DJ Sega - Sega's Theme

It needs a few more orchestral hits and a bit more harmony and we'll be there. Here's hoping.


Blackface, part 1: Jamaica

In general Jamaicans are friendly, outgoing and very proud of their nation. [...] Jamaicans keep a positive and care-free attitude toward life, answering many questions or inquiries with a "No Problem Mon" or an "Irie" - believing that it's all going to work out and everything is OK!

-- from an online travel brochure about Jamaica

Most minstrels projected a greatly romanticized and exaggerated image of black life with cheerful, simple slaves always ready to sing and dance and to please their masters.

-- Wikipedia article on minstrelsy

The picture I posted on Wednesday depicts two men dressed as stereotypical Jamaicans. They're selling a commodity (pineapple) whose association with Jamaica is a largely colonial one - it's where the fruit is grown for global north consumption. They're largely dehumanised, wearing a generalised-exotic lava-lava in lieu of anything specifically Jamaican. The music is pastoral and rich-world-oriented "roots" reggae, in a fake plastic version... And their proscribed behaviour is carefree and laid back, much like the fake Maori in the last set of Fanta commercials (here, appropriately, in Estonian), and indeed much like both the stereotypes above.

And yet, it seems to still be okay. And I'm kind of wondering why, and discovering the wider implication of various angles on the blackface phenomenon are disturbingly plentiful.

I've nicked the illustration above from an online costume site, where it's advertised as "Rasta Mon Costume.
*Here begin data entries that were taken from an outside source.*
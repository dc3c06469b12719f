-- ===== src/Version/Query.antt =====
-- A query finds what the newest table that has the key holds.
use mathlib.Core.List as L
use kip_db.Base.{
  ℕ, suc, ◌≡◌, refl, Option-cases, inl, inr, false, Option, none, some, List, [], ◌∷◌, ◌++◌,
  if◌then◌else◌, arith,
}
use kip_db.Base.Order.{Bytes, bytes_ord}
use kip_db.Base.Search.{get_elem?}
use kip_db.Data.{KeyValue}
use kip_db.Error.{KernelResult, ok, err, panic, split_result, is_ok, is_err, is_panic}
use kip_db.Scope.{Scope, meet_by_key}
use kip_db.Version.{
  Version, TableLoader, SeekOption, SeekScope, hit, miss, first_miss, query_by_scope, query_level_0,
  query_levels, query_meet_index, query,
}
use kip_db.Version.Levels.{IsLevel, first_hit, or_next, read_at, first_hit-read_at}

-- What the table of a scope has for the key: nothing if the scope does not meet the key or the
-- table cannot be loaded.
abbrev pub read : TableLoader → Bytes → Scope → KernelResult (Option KeyValue)
read loader key s =
    if meet_by_key s key
    then elim (loader s.gen) [ some table ↦ table.query key | none ↦ ok none ]
    else ok none

abbrev data_of : KernelResult SeekOption → KernelResult (Option KeyValue)
data_of (ok (hit key_value)) = ok (some key_value)
data_of (ok (miss _)) = ok none
data_of (err e) = err e
data_of panic = panic

-- The data that a query answers, without the scope to compact.
abbrev pub data_only :
    KernelResult (Option KeyValue × Option SeekScope) → KernelResult (Option KeyValue)
data_only (ok (found, _)) = ok found
data_only (err e) = err e
data_only panic = panic

abbrev pub AllLevels : List (List Scope) → Type 0
AllLevels [] = Unit
AllLevels (scopes ∷ levels) = IsLevel scopes × AllLevels levels

abbrev pub all_scopes : List (List Scope) → List Scope
all_scopes [] = []
all_scopes (scopes ∷ levels) = scopes ++ all_scopes levels

outside :
    (loader : TableLoader) (key : Bytes) (s : Scope)
    → meet_by_key s key ≡ false
    → read loader key s ≡ ok none
outside loader key s h = rw h refl

first_hit-append :
    (f : Scope → KernelResult (Option KeyValue)) (xs ys : List Scope)
    → first_hit f (xs ++ ys) ≡ or_next (first_hit f xs) (first_hit f ys)
first_hit-append f [] ys = refl
first_hit-append f (x ∷ xs) ys = at (f x) (first_hit-append f xs ys)
  where
    at :
        (r : KernelResult (Option KeyValue))
        → first_hit f (xs ++ ys) ≡ or_next (first_hit f xs) (first_hit f ys)
        → or_next r (first_hit f (xs ++ ys)) ≡ or_next (or_next r (first_hit f xs)) (first_hit f ys)
    at (ok (some kv)) ih = refl
    at (ok none) ih = ih
    at (err e) ih = refl
    at panic ih = refl

query_by_scope-read :
    (other : ℕ → ℕ) (loader : TableLoader) (key : Bytes) (s : Scope) (level : ℕ)
    → data_of (query_by_scope other loader key s level).1 ≡ read loader key s
unfolding query_by_scope
query_by_scope-read other loader key s level = ground arith

query_level_0-first_hit :
    (other : ℕ → ℕ) (loader : TableLoader) (key : Bytes) (scopes : List Scope)
    → query_level_0 other loader key scopes ≡ first_hit (read loader key) scopes
unfolding query_level_0
query_level_0-first_hit other loader key [] = refl
query_level_0-first_hit other loader key (s ∷ scopes) =
    at (query_by_scope other loader key s 0).1 (query_by_scope-read other loader key s 0)
      (query_level_0-first_hit other loader key scopes)
  where
    at :
        (r : KernelResult SeekOption)
        → data_of r ≡ read loader key s
        → query_level_0 other loader key scopes ≡ first_hit (read loader key) scopes
        → elim r [
          | ok (hit key_value) ↦ ok (some key_value)
          | ok (miss _) ↦ query_level_0 other loader key scopes
          | err e ↦ err e
          | panic ↦ panic
        ]
          ≡ or_next (read loader key s) (first_hit (read loader key) scopes)
    at (ok (hit kv)) e ih = rw (← e) refl
    at (ok (miss m)) e ih = rw (← e) ih
    at (err x) e ih = rw (← e) refl
    at panic e ih = rw (← e) refl

query_levels-first_hit :
    (other : ℕ → ℕ) (loader : TableLoader) (key : Bytes) (level : ℕ) (levels : List (List Scope))
    (miss_seek : Option SeekScope)
    → AllLevels levels
    → data_only (query_levels other loader key level levels miss_seek).1
      ≡ first_hit (read loader key) (all_scopes levels)
unfolding query_levels
query_levels-first_hit other loader key level [] miss_seek s = refl
query_levels-first_hit other loader key level (scopes ∷ levels) miss_seek (sorted, s) =
    let hits = first_hit-read_at key (read loader key) (outside loader key) scopes sorted in
    let step = first_hit-append (read loader key) scopes (all_scopes levels) in
    let ih =
      λ (m : Option SeekScope). query_levels-first_hit other loader key (suc level) levels m s in
    elim (Option-cases (get_elem? scopes (query_meet_index key scopes))) [
      | inl n ↦
          let none_lem = rw (n, read_at) at hits in
          rw (query_levels, n, step, none_lem) (ih miss_seek)
      | inr (scope, n) ↦
          let one_lem = rw (n, read_at) at hits in
          let qs = query_by_scope-read other loader key scope level in
          elim (split_result (query_by_scope other loader key scope level).1) [
            | is_ok (hit kv) r ↦
                let q = rw r at qs in rw (query_levels, n, r, step, one_lem, ← q) refl
            | is_ok (miss m) r ↦
                let q = rw r at qs in
                rw (query_levels, n, r, step, one_lem, ← q) (ih (first_miss miss_seek m))
            | is_err x r ↦ let q = rw r at qs in rw (query_levels, n, r, step, one_lem, ← q) refl
            | is_panic r ↦ let q = rw r at qs in rw (query_levels, n, r, step, one_lem, ← q) refl
          ]
    ]

-- A query answers what the first table that has the key holds, in the order of the levels and, on
-- level 0, from the last table to the first, whatever the counters of the scopes; the first error
-- of a table on the way is the answer. Every level but level 0 is assumed sorted and disjoint.
pub query-first_hit :
    (other : ℕ → ℕ) (loader : TableLoader) (version : Version) (key : Bytes) (level_0 : List Scope)
    (levels : List (List Scope))
    → version.level_slice ≡ level_0 ∷ levels
    → AllLevels levels
    → data_only (query other loader version key).1
      ≡ first_hit (read loader key) (L.reverse level_0 ++ all_scopes levels)
unfolding query query_levels
query-first_hit other loader version key level_0 levels e s =
    let step = first_hit-append (read loader key) (L.reverse level_0) (all_scopes levels) in
    let first = query_level_0-first_hit other loader key (L.reverse level_0) in
    elim (split_result (query_level_0 other loader key (L.reverse level_0))) [
      | is_ok none r ↦
          let q = rw r at first in
          rw (query, e, r, step, ← q) (query_levels-first_hit other loader key 1 levels none s)
      | is_ok (some kv) r ↦ let q = rw r at first in rw (query, e, r, step, ← q) refl
      | is_err x r ↦ let q = rw r at first in rw (query, e, r, step, ← q) refl
      | is_panic r ↦ let q = rw r at first in rw (query, e, r, step, ← q) refl
    ]
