-- ===== src/Version/Reload.antt =====
-- The levels of a version that is rebuilt from its own edits.
use mathlib.Core.List as L
use kip_db.Base.{
  ℕ, suc, ◌≡◌, refl, ap, ◌∙◌, Bool-cases, inl, inr, List, [], ◌∷◌, ◌++◌, map, ◌==◌, arith,
}
use kip_db.Base.Lists.{length, length-append}
use kip_db.Base.Int.{ℤ}
use kip_db.Error.{KernelResult, ok, ◌>>=◌}
use kip_db.Meta.{EditType, VersionMeta}
use kip_db.Scope.{Scope}
use kip_db.Version.{Version}
use kip_db.Version.Edits.{
  apply_edits, at_level, add_scopes, insert_all, insert, edits_from, to_vec_edit, sst_meta_by_level,
}

insert_all_lem : (ys zs : List Scope) → insert_all 0 ys zs ≡ ok (L.reverse_aux ys zs)
unfolding insert_all insert
insert_all_lem [] zs = refl
insert_all_lem (y ∷ ys) zs = insert_all_lem ys (y ∷ zs)

at_level_lem :
    (f : List Scope → KernelResult (List Scope)) (before after : List (List Scope))
    (scopes scopes' : List Scope)
    → f scopes ≡ ok scopes'
    → at_level f (length before) (before ++ scopes ∷ after) ≡ ok (before ++ scopes' ∷ after)
unfolding at_level
at_level_lem f [] after scopes scopes' e = rw e refl
at_level_lem f (b ∷ before) after scopes scopes' e =
    rw (at_level_lem f before after scopes scopes' e) refl

-- The levels of the result.
abbrev pub levels_only :
    KernelResult (List (List Scope) × List ℤ × List EditType) → KernelResult (List (List Scope))
levels_only r = r >>= λ x. ok x.0

abbrev pub no_tables : List (List Scope) → List (List Scope)
no_tables levels = map (λ (scopes : List Scope). []) levels

module _ (sorted_by_gen : List Scope → List Scope) where
  add_scopes_lem :
      (scopes : List Scope) (level : ℕ)
      → add_scopes sorted_by_gen scopes level 0 [] ≡ ok (sorted_by_gen scopes)
  unfolding add_scopes
  add_scopes_lem scopes level = elim (Bool-cases (level == 0)) [
    | inl b ↦ rw (add_scopes, b) refl
    | inr b ↦
        rw (add_scopes, b)
          (insert_all_lem (L.reverse (sorted_by_gen scopes)) []
            ∙ ap ok (L.reverse-reverse (sorted_by_gen scopes)))
  ]

  module _ (meta : VersionMeta) (sort_nil : sorted_by_gen [] ≡ []) where
    next :
        (before : List (List Scope)) (x : List Scope) (levels : List (List Scope))
        (del_gens : List ℤ) (metas : List EditType)
        → levels_only (
            apply_edits sorted_by_gen
              (edits_from meta (length (before ++ x ∷ [])) levels)
              ((before ++ x ∷ []) ++ no_tables levels)
              del_gens
              metas)
          ≡ ok ((before ++ x ∷ []) ++ map sorted_by_gen levels)
        → levels_only (
            apply_edits sorted_by_gen
              (edits_from meta (suc (length before)) levels)
              (before ++ x ∷ no_tables levels)
              del_gens
              metas)
          ≡ ok (before ++ x ∷ map sorted_by_gen levels)
    next before x levels del_gens metas h =
        let l : length (before ++ x ∷ []) ≡ suc (length before) =
          omega (arith, length-append before (x ∷ [])) in
        rw
          (
            l,
            L.append_assoc before (x ∷ []) (no_tables levels),
            L.append_assoc before (x ∷ []) (map sorted_by_gen levels),
          )
          at h

    rebuilt :
        (before levels : List (List Scope)) (del_gens : List ℤ) (metas : List EditType)
        → levels_only (
            apply_edits sorted_by_gen
              (edits_from meta (length before) levels)
              (before ++ no_tables levels)
              del_gens
              metas)
          ≡ ok (before ++ map sorted_by_gen levels)
    unfolding apply_edits edits_from
    rebuilt before [] del_gens metas = refl
    rebuilt before ([] ∷ levels) del_gens metas =
        rw sort_nil
          (next before [] levels del_gens metas (rebuilt (before ++ [] ∷ []) levels del_gens metas))
    rebuilt before ((s ∷ scopes) ∷ levels) del_gens metas =
        let level = length before in
        let new = sorted_by_gen (s ∷ scopes) in
        let metas' = metas ++ EditType.add (sst_meta_by_level level meta) ∷ [] in
        rw
          (at_level_lem (add_scopes sorted_by_gen (s ∷ scopes) level 0) before (no_tables levels) []
            new (add_scopes_lem (s ∷ scopes) level))
          (next before new levels del_gens metas'
            (rebuilt (before ++ new ∷ []) levels del_gens metas'))

  -- Applied to a version without tables, the edits that a version is turned into rebuild its
  -- levels with the scopes of each level in the order of their generations, the lower levels
  -- included; the sort is assumed to leave an empty list empty.
  pub to_vec_edit-apply_edits :
      (version : Version)
      → sorted_by_gen [] ≡ []
      → levels_only
          (apply_edits sorted_by_gen (to_vec_edit version) (no_tables version.level_slice) [] [])
        ≡ ok (map sorted_by_gen version.level_slice)
  unfolding to_vec_edit
  to_vec_edit-apply_edits version sort_nil =
      rebuilt version.meta_data sort_nil [] version.level_slice [] []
This costume represents the carefree life-style of the Carribean Islands Mon!". I've looked through the site, and although there are plenty of costumes with some sort of parody intent directed at the hip-hop lifestyle, there are none that directly portray African Americans as an ethnic group in this way. Because that, of course, would be blackface.

I realise the historical and activistically racist context to this discrepancy. But surely, at the base of it, the problem is exactly the same. The blackface performer perpetuates an extremely simplified stereotype with strong negative or servile implications. He pretends to be an oppressed person in order to mock. The oppressed people are denied the custody of their own culture and the voice, they are spoken for by a grossly simplified parody of themselves, often for bigoted purposes.

And yet, dressing as a "Jamaican" in this way seems perfectly okay with most people. I've got enough issues, lord knows, with trustafarianism and middle-class white rappers as well, but at least they're trying to be something, not ironically mocking subalterns from a position of privilege. I cringe when I see stuff like this:

(via) What are Diplo and Switch thinking? Seriously? Having Andy Milonakis come in and do a perfectly ridiculous number in a faux-Demarco manner, cynically ridiculing the current style of dancehall and some sort of mystical, generalised-exotic voodoo bullshit? Exaggerating all the negative aspects, the violence and the drugs? Blabbing on about "pussy" in a manner which in the class/racial context comes accross as sexist in the extreme?

I can understand a desire (however warped it is) to want to be Jamaican or to want to act authentically so. But that isn't the case here at all. For me, when it comes to putting down Jamaicans by imitating them stereotypically - whether in costume or in music - there's really only one word for it.